BOGOR-JABAR, SUDUTPANDANG.ID – Ulama yang menjadi khatib pada Shalat Idul Adha 1447 Hijriah/2026, Ustadz Rokhmatullah Abu Hasna, menyatakan bahwa peristiwa Idul Adha yang dialami Nabi Ibrahim AS dan putranya, Nabi Ismail AS, menjadi teladan bagi umat Islam agar menjalankan ketaatan kepada Allah SWT tanpa syarat. Menurutnya, umat Islam saat ini masih kerap memilih-milih dalam menjalankan ketaatan.

“Dalam kehidupan sehari-hari, kita sering kali memilih-milih dalam ketaatan. Kita taat jika mudah, tetapi berat ketika sulit. Padahal hakikat iman adalah tetap taat dalam keadaan lapang maupun sempit,” kata Rokhmatullah Abu Hasna saat menjadi khatib Shalat Idul Adha 1447 Hijriah di Lapangan depan Masjid Al-Khoslan, Desa Laladon, Kecamatan Ciomas, Kabupaten Bogor, Jawa Barat.

BACA JUGA  Aktivis Mahasiswa Pakuan Bogor Ingatkan Potensi Penyusup Anarko

Pernyataan tersebut disampaikan Ketua DKM Al-Khoslan, Ahmad Nuryadin di Bogor, Kamis (28/5/2026).

Dalam khutbah bertema “Keteladanan Nabi Ibrahim, Makna Pengorbanan, Ketaatan, dan Solidaritas Sosial” yang disampaikan usai shalat Idul Adha pada Rabu (27/5), Rokhmatullah menegaskan pentingnya ketaatan tanpa syarat kepada Allah SWT.

Menurutnya, hikmah tersebut dapat dipetik dari peristiwa Idul Adha yang merujuk pada sejarah Nabi Ibrahim AS dan Nabi Ismail AS.

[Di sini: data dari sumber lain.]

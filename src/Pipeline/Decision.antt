-- ===== src/Pipeline/Decision.antt =====
-- crates/pipeline/src/lib.rs and decision.rs: the analysis of an event and the verdict on it.
pub mod Ingest
use contextd.Prelude.{
  ℕ, Bool, true, false, not, ◌&&◌, ◌||◌, Option, leb, ltb, length, if◌then◌else◌,
}
use contextd.Text.{Text}
use contextd.Json.{Json}
use contextd.Core.Event.{RawEvent, ProcessedEvent, EventSource, source_eq}
use contextd.Core.Memory.{UseCase, MemoryType, research, survives_pruning}
use contextd.Pipeline.Classify.{classify_use_case, classify_memory_type}
use contextd.Pipeline.Content.{summarize, looks_like_failure}

-- The two thresholds, in hundredths.
abbrev pub noise_score : ℕ
noise_score = 25

abbrev pub high_value_score : ℕ
high_value_score = 80

abbrev pub long_payload_chars : ℕ
long_payload_chars = 512

pub data Decision : Type 0 where
  drop keep summarize_it promote : Decision

unfoldable pub is_durable : Decision → Bool
is_durable promote = true
is_durable _ = false

abbrev pub is_drop : Decision → Bool
is_drop drop = true
is_drop _ = false

abbrev pub is_research : UseCase → Bool
is_research research = true
is_research _ = false

pub record Analysis : Type 0 where
  pub use_case : UseCase
  pub memory_type : MemoryType
  pub summary : Option Text

module _ {V : Type 0} (json : Json V) where
  unfoldable pub payload_len : ProcessedEvent V → ℕ
  payload_len event = length (json.to_string event.raw.payload)

  unfoldable pub decide : ProcessedEvent V → UseCase → MemoryType → Decision
  decide event use_case memory_type =
      if survives_pruning memory_type && leb noise_score event.score
      then promote
      else if leb high_value_score event.score
      then promote
      else if looks_like_failure json event.raw
      then promote
      else if ltb event.score noise_score
      then (if is_research use_case then keep else drop)
      else if ltb long_payload_chars (payload_len event)
      then summarize_it
      else keep

  module _ (to_lowercase : Text → Text) where
    unfoldable pub analyze : RawEvent V → Analysis
    analyze event = record {
      use_case = classify_use_case to_lowercase json event;
      memory_type = classify_memory_type to_lowercase json event;
      summary = summarize json event;
    }

    -- The verdict of `decide` on an event with its own analysis.
    abbrev pub verdict : ProcessedEvent V → Decision
    verdict event = decide event (analyze event.raw).use_case (analyze event.raw).memory_type

    unfoldable pub should_drop : ProcessedEvent V → Bool
    should_drop event =
        if source_eq event.raw.source EventSource.claim
          || source_eq event.raw.source EventSource.note
        then false
        else if leb noise_score event.score
        then false
        else is_drop (verdict event)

“Nabi Ibrahim dan Nabi Ismail menunjukkan ketaatan yang luar biasa. Tidak ada tawar-menawar, tidak ada keraguan. Inilah puncak dari keimanan, tunduk sepenuhnya kepada perintah Allah SWT,” ujar Rokhmatullah yang juga merupakan Penyuluh Agama Islam pada Kantor Urusan Agama (KUA) Kementerian Agama Kabupaten Bogor.

BACA JUGA  Kebakaran di Laboratorium, IPB University Bentuk Tim Investigasi

Sementara itu, Ketua DKM Al-Khoslan Ahmad Nuryadin melaporkan bahwa pada Idul Adha 2026, panitia menerima hewan kurban sebanyak lima ekor sapi serta 21 ekor kambing dan domba dari para sohibul kurban di Perumahan Laladon Baru Residence (LBR).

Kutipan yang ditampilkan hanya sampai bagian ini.